> **INPUT DATA**:
-- ===== src/Reconciler/Spec/Matches.antt =====
-- `matchesSpec` decides whether a certificate has what a spec asks for.
use kmp_issuer.Base.{
  ℕ, ◌≡◌, refl, sym, ◌↔◌, inl, inr, Bool, true, false, not, ◌&&◌, List, [], ◌∷◌, some, Option-cases,
  In, here, there, In-cons_cases, subst, if◌then◌else◌, is_nil, any,
}
use mathlib.Core.Bool.{false≢true}
use mathlib.Core.List.{cons-ne-nil}
use kmp_issuer.Text.{Bytes, codes, equal_fold, Unicode}
use kmp_issuer.X509.{Certificate, Platform, ip_equal}
use kmp_issuer.Verify.{contains_fold}
use kmp_issuer.Verify.Missing.{any_iff, append-eq-nil}
use kmp_issuer.Verify.Laws.{FoldIn, contains_fold_iff}
use kmp_issuer.Api.Certificates.{KmpCertificateSpec}
use kmp_issuer.Reconciler.Spec.{
  first_complaint, or_else, common_name_complaint, dns_complaint, ip_complaint, subject_complaint,
  matches_spec,
}

-- Text behind a text that is not empty.
or_else-eq-nil : (a b : Bytes) → (or_else a b ≡ []) ↔ ((a ≡ []) × (b ≡ []))
or_else-eq-nil [] b = (λ h. (refl, h), λ h. h.1)
or_else-eq-nil (x ∷ a) b = (λ h. absurd (cons-ne-nil _ _ h), λ h. h.0)

first_complaint-eq-nil :
    (complaint : Bytes → Bytes) (xs : List Bytes) (behind : Bytes)
    → (first_complaint complaint xs behind ≡ [])
      ↔ (((x : Bytes) → In x xs → complaint x ≡ []) × (behind ≡ []))
unfolding first_complaint
first_complaint-eq-nil complaint [] behind = (λ h. (λ x i. elim i [ ], h), λ h. h.1)
first_complaint-eq-nil complaint (y ∷ xs) behind =
    let (to, from) = first_complaint-eq-nil complaint xs behind in
    let (split, both) = or_else-eq-nil (complaint y) (first_complaint complaint xs behind) in
    (
      λ h.
          let (now, later) = split h in
          let (rest, end) = to later in
          (
            λ x i. elim (In-cons_cases i) [
              | inl e ↦ subst (λ z. complaint z ≡ []) e now
              | inr j ↦ rest x j
            ],
            end,
          ),
      λ (all, end). both (all y (here refl), from (λ x i. all x (there i), end)),
    )

module _ (p : Platform) where
  -- What a certificate has to carry for a spec: the common name and the DNS names, but for case, the
  -- IP addresses, and the organization and the organizational unit that the spec names.
  pub record Matches (leaf : Certificate) (spec : KmpCertificateSpec) : Type 0 where
    pub common_name :
        equal_fold (Platform.unicode p) leaf.subject.common_name spec.common_name ≡ true
    pub dns_names :
        (name : Bytes) → In name spec.dns_names → FoldIn (Platform.unicode p) leaf.dns_names name
    pub ip_addresses :
        (text : Bytes)
        → In text spec.ip_addresses
        → (ip issued : Bytes) × (Platform.parse_ip p text ≡ some ip)
          × In issued leaf.ip_addresses
          × (ip_equal issued ip ≡ true)
    pub organization :
        is_nil spec.subject.organization ≡ false
        → FoldIn (Platform.unicode p) leaf.subject.organization spec.subject.organization
    pub organizational_unit :
        is_nil spec.subject.organizational_unit ≡ false
        → FoldIn
            (Platform.unicode p)
            leaf.subject.organizational_unit
            spec.subject.organizational_unit

  -- A test whose complaint is a text that is not empty.
  guarded :
      (test : Bool) (c : ℕ) (text : Bytes)
      → ((if not test then c ∷ text else []) ≡ []) ↔ (test ≡ true)
  guarded true c text = (λ _. refl, λ _. refl)
  guarded false c text = (λ h. absurd (cons-ne-nil _ _ h), λ h. absurd (false≢true h))

  guarded_unless :
      (test empty : Bool) (c : ℕ) (text : Bytes)
      → ((if not empty && not test then c ∷ text else []) ≡ []) ↔ (empty ≡ false → test ≡ true)
  guarded_unless test true c text = (λ _ h. absurd (false≢true (sym h)), λ _. refl)
  guarded_unless test false c text =
      let (to, from) = guarded test c text in (λ h _. to h, λ f. from (f refl))

  module _ (leaf : Certificate) where
    common_name_iff :
        (wanted : Bytes)
        → (common_name_complaint p leaf wanted ≡ [])
          ↔ (equal_fold (Platform.unicode p) leaf.subject.common_name wanted ≡ true)
    unfolding common_name_complaint
    common_name_iff wanted =
        guarded (equal_fold (Platform.unicode p) leaf.subject.common_name wanted) _ _

    dns_iff :
        (name : Bytes)
        → (dns_complaint p leaf name ≡ []) ↔ FoldIn (Platform.unicode p) leaf.dns_names name
    unfolding dns_complaint
    dns_iff name =
        let (to, from) = guarded (contains_fold (Platform.unicode p) leaf.dns_names name) _ _ in
        let (found, present) = contains_fold_iff (Platform.unicode p) leaf.dns_names name in
        (λ h. found (to h), λ i. from (present i))

    abbrev pub HasAddress : Bytes → Type 0
    HasAddress text =
        (ip issued : Bytes) × (Platform.parse_ip p text ≡ some ip)
        × In issued leaf.ip_addresses
        × (ip_equal issued ip ≡ true)

    ip_complaint-HasAddress : (text : Bytes) → ip_complaint p leaf text ≡ [] → HasAddress text
    unfolding ip_complaint
    ip_complaint-HasAddress text h = elim (Option-cases (Platform.parse_ip p text)) [
      | inl e ↦ absurd (
          cons-ne-nil _ _
            (append-eq-nil (Unicode.quote (Platform.unicode p) text) (codes " is not an IP address")
              (rw (ip_complaint, e) at h)).1)
      | inr (ip, e) ↦
          let (to, from) = guarded (any (λ issued. ip_equal issued ip) leaf.ip_addresses) _ _ in
          let (issued, i, same) =
            (any_iff (λ issued. ip_equal issued ip) leaf.ip_addresses).0
              (to (rw (ip_complaint, e) at h)) in
          (ip, issued, e, i, same)
    ]

    HasAddress-ip_complaint : (text : Bytes) → HasAddress text → ip_complaint p leaf text ≡ []
    unfolding ip_complaint
    HasAddress-ip_complaint text (ip, issued, e, i, same) =
        rw (ip_complaint, e, (any_iff (λ j. ip_equal j ip) leaf.ip_addresses).1 (issued, i, same))
          refl

    subject_iff :
        (kind : Bytes) (values : List Bytes) (want : Bytes)
        → (subject_complaint p kind values want ≡ [])
          ↔ (is_nil want ≡ false → FoldIn (Platform.unicode p) values want)
    unfolding subject_complaint
    subject_iff kind values want =
        let (to, from) =
          guarded_unless (contains_fold (Platform.unicode p) values want) (is_nil want) _ _ in
        let (found, present) = contains_fold_iff (Platform.unicode p) values want in
        (λ h full. found (to h full), λ f. from (λ full. present (f full)))

  matches_spec-Matches :
      (leaf : Certificate) (spec : KmpCertificateSpec)
      → matches_spec p leaf spec ≡ []
      → Matches leaf spec
  unfolding matches_spec
  matches_spec-Matches leaf spec h =
      let (name, h₁) = (or_else-eq-nil _ _).0 h in
      let (names, h₂) = (first_complaint-eq-nil (dns_complaint p leaf) spec.dns_names _).0 h₁ in
      let (ips, h₃) = (first_complaint-eq-nil (ip_complaint p leaf) spec.ip_addresses _).0 h₂ in
      let (organization, unit) = (or_else-eq-nil _ _).0 h₃ in
      record {
        common_name = (common_name_iff leaf spec.common_name).0 name;
        dns_names = λ x i. (dns_iff leaf x).0 (names x i);
        ip_addresses = λ x i. ip_complaint-HasAddress leaf x (ips x i);
        organization =
            (subject_iff leaf _ leaf.subject.organization spec.subject.organization).0 organization;
        organizational_unit =
            (subject_iff leaf _ leaf.subject.organizational_unit spec.subject.organizational_unit).0
              unit;
      }

  Matches-matches_spec :
      (leaf : Certificate) (spec : KmpCertificateSpec)
      → Matches leaf spec
      → matches_spec p leaf spec ≡ []
  unfolding matches_spec
  Matches-matches_spec leaf spec m = (or_else-eq-nil _ _).1 (
    (common_name_iff leaf spec.common_name).1 m.common_name,
    (first_complaint-eq-nil (dns_complaint p leaf) spec.dns_names _).1 (
      λ x i. (dns_iff leaf x).1 (m.dns_names x i),
      (first_complaint-eq-nil (ip_complaint p leaf) spec.ip_addresses _).1 (
        λ x i. HasAddress-ip_complaint leaf x (m.ip_addresses x i),
        (or_else-eq-nil _ _).1 (
          (subject_iff leaf _ leaf.subject.organization spec.subject.organization).1 m.organization,
          (subject_iff leaf _ leaf.subject.organizational_unit spec.subject.organizational_unit).1
              m.organizational_unit,
        ),
      ),
    ),
  )

  -- `matchesSpec` finds no mismatch exactly if the certificate has the common name and the DNS names
  -- of the spec, but for case, an IP address for each text of the spec, and the organization and the
  -- organizational unit that the spec names.
  pub matches_spec_iff :
      (leaf : Certificate) (spec : KmpCertificateSpec)
      → (matches_spec p leaf spec ≡ []) ↔ Matches leaf spec
  matches_spec_iff leaf spec = (matches_spec-Matches leaf spec, Matches-matches_spec leaf spec)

> **TASK OBJECTIVE**: Every line above carrying the word "matchesSpec" needs to be shown.

> **TASK OUTPUT**:
-- `matchesSpec` decides whether a certificate has what a spec asks for.
  -- `matchesSpec` finds no mismatch exactly if the certificate has the common name and the DNS names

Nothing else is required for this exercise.